Testing software works by brainstorming possible scenarios that an autonomous vehicle might encounter. This includes everything from maintaining lane position on the highway to reacting to a tire blowout to dealing with distracted pedestrians and everything in between.  

"If you think about it, you can't solely rely on the brute-forcing testing typically performed in the traditional sense," said Christopher Park, principal, UL Ventures. "You have to complement with a lot of virtual testing to make sure you cover the edge cases to help build safety into the system."  

As Partridge puts it, "Every night you're running tests with new software updates across all those highly parametrized scenarios—changing road and hardware conditions, dynamic weather, injecting noise and manipulating sensors—we're exploring the performance boundaries of the software." 

 These changes often affect the passing and failing of the tests. Based on the results, improvements can be made so that autonomous vehicles are better suited to handle the needs of ever-changing scenarios in real life. By making improvements, safety and reliability can be significantly increased, which matters for people and companies using such technologies. 

Why is this relevant? 

Autonomous cars are a recent innovation. As such, many consumers have yet to develop trust in the technology. What will it take to build confidence in self-driving vehicles? What will it take to build confidence in self-driving vehicles? 

Transparency in business has always been important, but it becomes even more critical when introducing a disruptive technology with life or death decisions relying on the functional safety of the software system.  

For Metamoto, transparency means looking beyond the mandatory publishing of disengagement reports, a California Department of Motor Vehicles (DMV) requirement for autonomous vehicle testing on public roads in the state. The California DMV defines a disengagement as any time a test vehicle operating on public roads has switched from autonomous to manual mode for an immediate safety-related reason or due to a failure of the system.  

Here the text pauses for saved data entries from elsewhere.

-- ===== src/RateLimit/Concurrency/Balance.antt =====
-- The in-flight counts against the release functions that the callers hold.
use orbeat_community.Prelude.{
  ℕ, zero, suc, ◌+◌, ◌-◌, ◌≤◌, ◌<◌, String, ◌≡◌, refl, ◌∙◌, Bool, true, Option, none, some, List,
  [], ◌∷◌, eq_iff, arith, ltb, eqb, Bool-cases, Option-cases, inl, inr, if◌then◌else◌,
}
use orbeat_community.Prelude.Assoc.{lookup, Distinct, Distinct-insert}
use orbeat_community.RateLimit.Concurrency.{
  ConcurrencyLimiter, new_concurrency, acquire_at, release, release_key, in_flight, sweep, Handle,
  System, once_do, take, Call, acquire, give_back, tick, call, run,
}
use orbeat_community.RateLimit.Concurrency.Slots.{
  one_if, acquire_at_lem, in_flight-release, in_flight-sweep, Distinct-sweep_slots,
}

-- The release functions for the key that have not run: the key's operations in flight.
pub live : String → List Handle → ℕ
live k [] = 0
live k (h ∷ hs) = (if h.fired then 0 else one_if h.key k) + live k hs

abbrev released : String → Option String → ℕ
released k none = 0
released k (some key) = one_if key k

live-once_do :
    (k : String) (hs : List Handle) (i : ℕ)
    → live k (once_do hs i).1 + released k (once_do hs i).0 ≡ live k hs
unfolding live once_do
live-once_do k [] i = refl
live-once_do k (h ∷ hs) zero = ground arith
live-once_do k (h ∷ hs) (suc i) = ground (arith, live-once_do k hs i)

-- A fired release function stays fired: to call it again does nothing.
pub once_do_twice : (hs : List Handle) (i : ℕ) → (once_do (once_do hs i).1 i).0 ≡ none
unfolding once_do
once_do_twice [] i = refl
once_do_twice (h ∷ hs) zero = ground arith
once_do_twice (h ∷ hs) (suc i) = once_do_twice hs i

-- Every key's count is the number of its operations in flight, and within the cap.
pub record IsBalanced (s : System) : Type 0 where
  pub capped : 0 < s.limiter.max
  pub distinct : Distinct s.limiter.slots
  pub balance : (k : String) → in_flight s.limiter k ≡ live k s.handles
  pub within : (k : String) → live k s.handles ≤ s.limiter.max

acquire_at_keeps :
    (c : ConcurrencyLimiter) (key : String) (now : ℕ) (sample : Bool)
    → Distinct c.slots
    → Distinct (acquire_at c key now sample).1.slots × ((acquire_at c key now sample).1.max ≡ c.max)
unfolding acquire_at
acquire_at_keeps c key now sample d = elim (Bool-cases (eqb c.max 0)) [
  | inl off ↦ rw off (d, refl)
  | inr on ↦ rw on (Distinct-insert key _ c.slots d, refl)
]

release_found_keeps :
    (c : ConcurrencyLimiter) (key : Option String) (now : ℕ)
    → Distinct c.slots
    → Distinct (release_key c key now).slots × ((release_key c key now).max ≡ c.max)
unfolding release
release_found_keeps c none now d = (d, refl)
release_found_keeps c (some key) now d = elim (Option-cases (lookup key c.slots)) [
  | inl e ↦ rw e (d, refl)
  | inr (s, e) ↦ elim (Bool-cases (eqb s.n 0)) [
    | inl at_zero ↦ rw (e, at_zero) (d, refl)
    | inr busy ↦ rw (e, busy) (Distinct-insert key _ c.slots d, refl)
  ]
]

in_flight-release_key :
    (c : ConcurrencyLimiter) (key : Option String) (k : String) (now : ℕ)
    → in_flight (release_key c key now) k ≡ in_flight c k - released k key
in_flight-release_key c none k now = omega arith
in_flight-release_key c (some key) k now = in_flight-release c key k now

-- A successful acquire leaves room for itself.
within-take :
    (s : System) (key k : String)
    → IsBalanced s
    → ltb (in_flight s.limiter key) s.limiter.max ≡ true
    → one_if key k + live k s.handles ≤ s.limiter.max
within-take s key k h room = ground (arith, eq_iff key k, h.balance key, h.within key, h.within k)

take-IsBalanced :
    (s : System) (key : String) (now : ℕ) (sample : Bool)
    → IsBalanced s
    → IsBalanced (take s key now sample).1
unfolding take live
take-IsBalanced s key now sample h =
    let (a, c) = acquire_at s.limiter key now sample in
    let (d, same) = acquire_at_keeps s.limiter key now sample h.distinct in
    let effect = λ (k : String). acquire_at_lem s.limiter key k now sample h.capped in
    let max_pos : ltb 0 c.max ≡ true = rw same (ground (arith, h.capped)) in
    elim (Bool-cases a.ok) [
      | inl ok ↦
          rw (ok, max_pos)
            (record {
              capped = rw same h.capped;
              distinct = d;
              balance = λ k. ground (arith, effect k, h.balance k);
              within = λ k. rw same (within-take s key k h (ground (arith, effect key)));
            })
      | inr denied ↦ rw denied (record {
        capped = rw same h.capped;
        distinct = d;
        balance = λ k. ground (arith, effect k, h.balance k);
        within = λ k. rw same (h.within k);
      })
    ]

give_back-IsBalanced :
    (s : System) (i now : ℕ) → IsBalanced s → IsBalanced (call s (give_back i now))
unfolding call
give_back-IsBalanced s i now h =
    let (key, hs) = once_do s.handles i in
    let (d, same) = release_found_keeps s.limiter key now h.distinct in
    record {
      capped = rw same h.capped;
      distinct = d;
      balance = λ k. omega (
        arith,
        in_flight-release_key s.limiter key k now,
        live-once_do k s.handles i,
        h.balance k,
      );
      within = λ k. rw same (omega (arith, live-once_do k s.handles i, h.within k));
    }

call-IsBalanced : (s : System) (c : Call) → IsBalanced s → IsBalanced (call s c)
call-IsBalanced s (acquire key now sample) h = unfold call in take-IsBalanced s key now sample h
call-IsBalanced s (give_back i now) h = give_back-IsBalanced s i now h
call-IsBalanced s (tick now) h =
    unfold call in
    record {
      capped = unfold sweep in h.capped;
      distinct = unfold sweep in Distinct-sweep_slots s.limiter.ttl now s.limiter.slots h.distinct;
      balance = λ k. in_flight-sweep s.limiter k now h.distinct ∙ h.balance k;
      within = λ k. unfold sweep in h.within k;
    }

max-release_key :
    (c : ConcurrencyLimiter) (key : Option String) (now : ℕ) → (release_key c key now).max ≡ c.max
unfolding release
max-release_key c none now = refl
max-release_key c (some key) now = ground arith

max-call : (s : System) (c : Call) → (call s c).limiter.max ≡ s.limiter.max
unfolding call take acquire_at sweep
max-call s (acquire key now sample) = ground arith
max-call s (give_back i now) = max-release_key s.limiter (once_do s.handles i).0 now
max-call s (tick now) = refl

max-run : (s : System) (cs : List Call) → (run s cs).limiter.max ≡ s.limiter.max
unfolding run
max-run s [] = refl
max-run s (c ∷ cs) = max-run (call s c) cs ∙ max-call s c

run-IsBalanced : (s : System) (cs : List Call) → IsBalanced s → IsBalanced (run s cs)
unfolding run
run-IsBalanced s [] h = h
run-IsBalanced s (c ∷ cs) h = run-IsBalanced (call s c) cs (call-IsBalanced s c h)

abbrev pub start : ℕ → ℕ → System
start max ttl = record { limiter = new_concurrency max ttl; handles = [] }

start-IsBalanced : (max ttl : ℕ) → 0 < max → IsBalanced (start max ttl)
unfolding live lookup
start-IsBalanced max ttl pos = record {
  capped = pos;
  distinct = tt;
  balance = λ k. refl;
  within = λ k. omega arith;
}

-- From a new limiter with a positive cap, whatever acquires, calls of release functions (also
-- repeated ones, and of functions that no caller holds) and sweeps happen in whatever order: the
-- count that InFlight reports for a key is the number of its operations in flight, it is within
-- the cap, and the next acquire for the key succeeds exactly while the number is below the cap.
pub in_flight-run :
    (max ttl : ℕ) (cs : List Call) (k : String)
    → 0 < max
    → let s = run (start max ttl) cs in
      (in_flight s.limiter k ≡ live k s.handles)
      × (live k s.handles ≤ max)
      × ((now : ℕ) (sample : Bool)
          → (acquire_at s.limiter k now sample).0.ok ≡ ltb (live k s.handles) max)
in_flight-run max ttl cs k pos =
    let s = run (start max ttl) cs in
    let h = run-IsBalanced (start max ttl) cs (start-IsBalanced max ttl pos) in
    let cap = max-run (start max ttl) cs in
    (
      h.balance k,
      omega (arith, h.within k, cap),
      λ now sample.
          ground (arith, acquire_at_lem s.limiter k k now sample h.capped, h.balance k, cap),
    )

"Results need to be publicized so that consumers know what's actually happening," Partridge said. "The correlation of how subsets of simulation results are validated against real-world tests gives faith that your simulations are providing something useful. If you're showing success day in and day out at scale, this is going to establish great public trust."  

What do consumers gain? 

Ideas for continuous testing at massive scale are very, very new, according to Partridge. Futuristic approaches, such as iterative testing, are growing within autonomous technology communities.  

"Continuous testing and validation programs will not only be part of future standards, but it's going to create auditable and reportable methodologies that show the safe transition of autonomous systems towards the future," he said. "UL Ventures is doing a great deal to help promote these futuristic approaches. The whole company is committed to participating in autonomous system standards going forward." 

At the end of the day, the consumer gains trust that autonomous vehicles are using reliable software that’s been vetted and has proven to be trustworthy. This matters both to companies that might be involved in the production and distribution of autonomous systems and the end consumers, who want to know that they’re receiving the safest and most reliable service available.

"Metamoto is one of the components in autonomous development that helps establish that reliability," Park said. "The company fits into one of the fundamental trends that I believe in—continuous development and deployment through testing and validation.